__Exercise directions__. In your reply, write out each entry exactly as given.

START Records for the task

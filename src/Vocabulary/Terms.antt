-- ===== src/Vocabulary/Terms.antt =====
-- ledger/vocabulary.py, the derived-state dimensions, the object kinds and the small sets of terms.
-- The descriptions, which no check reads, are left out.
use lean_evolve.Prelude.{ℕ, String, List, [], ◌∷◌, map}

abbrev pub truth_states : List String
truth_states = "open" ∷ "proved" ∷ "refuted" ∷ []

abbrev pub verification_levels : List String
verification_levels =
    "untested" ∷ "elaboration_failed" ∷ "scratch_checked" ∷ "axiom_policy_audited"
    ∷ "authoritatively_evaluated" ∷ "promotion_audited" ∷ []

abbrev pub verification_order : List (String × ℕ)
verification_order =
    ("untested", 0)
    ∷ ("elaboration_failed", 0)
    ∷ ("scratch_checked", 1)
    ∷ ("axiom_policy_audited", 2)
    ∷ ("authoritatively_evaluated", 3)
    ∷ ("promotion_audited", 4)
    ∷ []

abbrev pub encoding_states : List String
encoding_states = "not_encoded" ∷ "proposition_only" ∷ "partially_formalized" ∷ "fully_encoded" ∷ []

abbrev pub lifecycle_states : List String
lifecycle_states = "active" ∷ "superseded" ∷ "retracted" ∷ "archived" ∷ []

abbrev pub source_evidence_states : List String
source_evidence_states =
    "published_with_proof" ∷ "published_claim_with_omitted_argument" ∷ "versioned_preprint_only"
    ∷ "published_open_conjecture" ∷ "secondary_attribution_only" ∷ "claimed_proof_unaccepted"
    ∷ "source_not_obtained" ∷ []

abbrev pub operational_states : List String
operational_states =
    "queued" ∷ "running" ∷ "completed" ∷ "failed" ∷ "timed_out" ∷ "interrupted" ∷ "recoverable" ∷ []

abbrev pub state_dimensions : List (String × List String)
state_dimensions =
    ("truth", truth_states)
    ∷ ("verification", verification_levels)
    ∷ ("encoding", encoding_states)
    ∷ ("lifecycle", lifecycle_states)
    ∷ ("source_evidence", source_evidence_states)
    ∷ ("operational", operational_states)
    ∷ []

pub record ObjectKind : Type 0 where
  pub name : String
  pub required_properties : List String
  pub content_formats : List String

unfoldable pub object_kinds : List ObjectKind
object_kinds =
    record {
      name = "formal_claim";
      required_properties =
          "formal_system" ∷ "declaration" ∷ "proposition_sha256" ∷ "environment_identity" ∷ [];
      content_formats = "lean" ∷ "text" ∷ [];
    }
    ∷ record {
      name = "research_claim";
      required_properties = [];
      content_formats = "markdown" ∷ "text" ∷ [];
    }
    ∷ record {
      name = "counterexample";
      required_properties = "witness_format" ∷ [];
      content_formats = "json" ∷ "lean" ∷ "text" ∷ [];
    }
    ∷ record {
      name = "computation";
      required_properties = "method" ∷ [];
      content_formats = "json" ∷ "text" ∷ [];
    }
    ∷ record {
      name = "publication";
      required_properties = "permanent_identifier" ∷ [];
      content_formats = "json" ∷ [];
    }
    ∷ record {
      name = "source_version";
      required_properties = "version_label" ∷ [];
      content_formats = "json" ∷ [];
    }
    ∷ record {
      name = "source_claim";
      required_properties = "locator" ∷ "source_evidence_state" ∷ [];
      content_formats = "markdown" ∷ "text" ∷ [];
    }
    ∷ record {
      name = "artifact";
      required_properties = "sha256" ∷ "artifact_type" ∷ "byte_size" ∷ "media_type" ∷ [];
      content_formats = "none" ∷ [];
    }
    ∷ record { name = "campaign"; required_properties = []; content_formats = "json" ∷ [] }
    ∷ record { name = "epoch"; required_properties = []; content_formats = "json" ∷ [] }
    ∷ record { name = "turn"; required_properties = []; content_formats = "json" ∷ [] }
    ∷ record {
      name = "check";
      required_properties = "checkpoint_key" ∷ "request_class" ∷ [];
      content_formats = "json" ∷ [];
    }
    ∷ record {
      name = "annotation";
      required_properties = [];
      content_formats = "markdown" ∷ "text" ∷ [];
    }
    ∷ []

-- The keys of `OBJECT_KINDS`.
unfoldable pub object_kind_names : List String
unfolding object_kinds
object_kind_names = map (λ k. k.name) object_kinds

abbrev pub content_formats : List String
content_formats = "lean" ∷ "text" ∷ "markdown" ∷ "json" ∷ "none" ∷ []

abbrev pub scope_kinds : List String
scope_kinds = "campaign" ∷ "epoch" ∷ "turn" ∷ []

abbrev pub formalization_relationships : List String
formalization_relationships =
    "literal_encoding" ∷ "specialization" ∷ "strengthening" ∷ "weakening" ∷ "consequence"
    ∷ "equivalence" ∷ "helper" ∷ []

abbrev pub trust_levels : List String
trust_levels = "kernel" ∷ "checked_certificate" ∷ "computational" ∷ "asserted" ∷ []

abbrev pub subject_types : List String
subject_types = "object" ∷ "connection" ∷ "ledger" ∷ []

abbrev pub truth_bearing_actions : List String
truth_bearing_actions = "kernel_certified" ∷ []

abbrev pub retention_states : List String
retention_states = "retained" ∷ "archived" ∷ "external_only" ∷ "lost" ∷ []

END Records for the task

__Answer below__.
filename src/Vocabulary/Terms.antt
-- ===== src/Vocabulary/Terms.antt =====
-- ledger/vocabulary.py, the derived-state dimensions, the object kinds and the small sets of terms.
-- The descriptions, which no check reads, are left out.
use lean_evolve.Prelude.{ℕ, String, List, [], ◌∷◌, map}

abbrev pub truth_states : List String
truth_states = "open" ∷ "proved" ∷ "refuted" ∷ []

abbrev pub verification_levels : List String
verification_levels =
    "untested" ∷ "elaboration_failed" ∷ "scratch_checked" ∷ "axiom_policy_audited"
    ∷ "authoritatively_evaluated" ∷ "promotion_audited" ∷ []

abbrev pub verification_order : List (String × ℕ)
verification_order =
    ("untested", 0)
    ∷ ("elaboration_failed", 0)
    ∷ ("scratch_checked", 1)
    ∷ ("axiom_policy_audited", 2)
    ∷ ("authoritatively_evaluated", 3)
    ∷ ("promotion_audited", 4)
    ∷ []

abbrev pub encoding_states : List String
encoding_states = "not_encoded" ∷ "proposition_only" ∷ "partially_formalized" ∷ "fully_encoded" ∷ []

abbrev pub lifecycle_states : List String
lifecycle_states = "active" ∷ "superseded" ∷ "retracted" ∷ "archived" ∷ []

abbrev pub source_evidence_states : List String
source_evidence_states =
    "published_with_proof" ∷ "published_claim_with_omitted_argument" ∷ "versioned_preprint_only"
    ∷ "published_open_conjecture" ∷ "secondary_attribution_only" ∷ "claimed_proof_unaccepted"
    ∷ "source_not_obtained" ∷ []

abbrev pub operational_states : List String
operational_states =
    "queued" ∷ "running" ∷ "completed" ∷ "failed" ∷ "timed_out" ∷ "interrupted" ∷ "recoverable" ∷ []

abbrev pub state_dimensions : List (String × List String)
state_dimensions =
    ("truth", truth_states)
    ∷ ("verification", verification_levels)
    ∷ ("encoding", encoding_states)
    ∷ ("lifecycle", lifecycle_states)
    ∷ ("source_evidence", source_evidence_states)
    ∷ ("operational", operational_states)
    ∷ []

pub record ObjectKind : Type 0 where
  pub name : String
  pub required_properties : List String
  pub content_formats : List String

unfoldable pub object_kinds : List ObjectKind
object_kinds =
    record {
      name = "formal_claim";
      required_properties =
          "formal_system" ∷ "declaration" ∷ "proposition_sha256" ∷ "environment_identity" ∷ [];
      content_formats = "lean" ∷ "text" ∷ [];
    }
    ∷ record {
      name = "research_claim";
      required_properties = [];
      content_formats = "markdown" ∷ "text" ∷ [];
    }
    ∷ record {
      name = "counterexample";
      required_properties = "witness_format" ∷ [];
      content_formats = "json" ∷ "lean" ∷ "text" ∷ [];
    }
    ∷ record {
      name = "computation";
      required_properties = "method" ∷ [];
      content_formats = "json" ∷ "text" ∷ [];
    }
    ∷ record {
      name = "publication";
      required_properties = "permanent_identifier" ∷ [];
      content_formats = "json" ∷ [];
    }
    ∷ record {
      name = "source_version";
      required_properties = "version_label" ∷ [];
      content_formats = "json" ∷ [];
    }
    ∷ record {
      name = "source_claim";
      required_properties = "locator" ∷ "source_evidence_state" ∷ [];
      content_formats = "markdown" ∷ "text" ∷ [];
    }
    ∷ record {
      name = "artifact";
      required_properties = "sha256" ∷ "artifact_type" ∷ "byte_size" ∷ "media_type" ∷ [];
      content_formats = "none" ∷ [];
    }
    ∷ record { name = "campaign"; required_properties = []; content_formats = "json" ∷ [] }
    ∷ record { name = "epoch"; required_properties = []; content_formats = "json" ∷ [] }
    ∷ record { name = "turn"; required_properties = []; content_formats = "json" ∷ [] }
    ∷ record {
      name = "check";
      required_properties = "checkpoint_key" ∷ "request_class" ∷ [];
      content_formats = "json" ∷ [];
    }
    ∷ record {
      name = "annotation";
      required_properties = [];
      content_formats = "markdown" ∷ "text" ∷ [];
    }
    ∷ []

-- The keys of `OBJECT_KINDS`.
unfoldable pub object_kind_names : List String
unfolding object_kinds
object_kind_names = map (λ k. k.name) object_kinds

abbrev pub content_formats : List String
content_formats = "lean" ∷ "text" ∷ "markdown" ∷ "json" ∷ "none" ∷ []

abbrev pub scope_kinds : List String
scope_kinds = "campaign" ∷ "epoch" ∷ "turn" ∷ []

abbrev pub formalization_relationships : List String
formalization_relationships =
    "literal_encoding" ∷ "specialization" ∷ "strengthening" ∷ "weakening" ∷ "consequence"
    ∷ "equivalence" ∷ "helper" ∷ []

abbrev pub trust_levels : List String
trust_levels = "kernel" ∷ "checked_certificate" ∷ "computational" ∷ "asserted" ∷ []

abbrev pub subject_types : List String
subject_types = "object" ∷ "connection" ∷ "ledger" ∷ []

abbrev pub truth_bearing_actions : List String
truth_bearing_actions = "kernel_certified" ∷ []

abbrev pub retention_states : List String
retention_states = "retained" ∷ "archived" ∷ "external_only" ∷ "lost" ∷ []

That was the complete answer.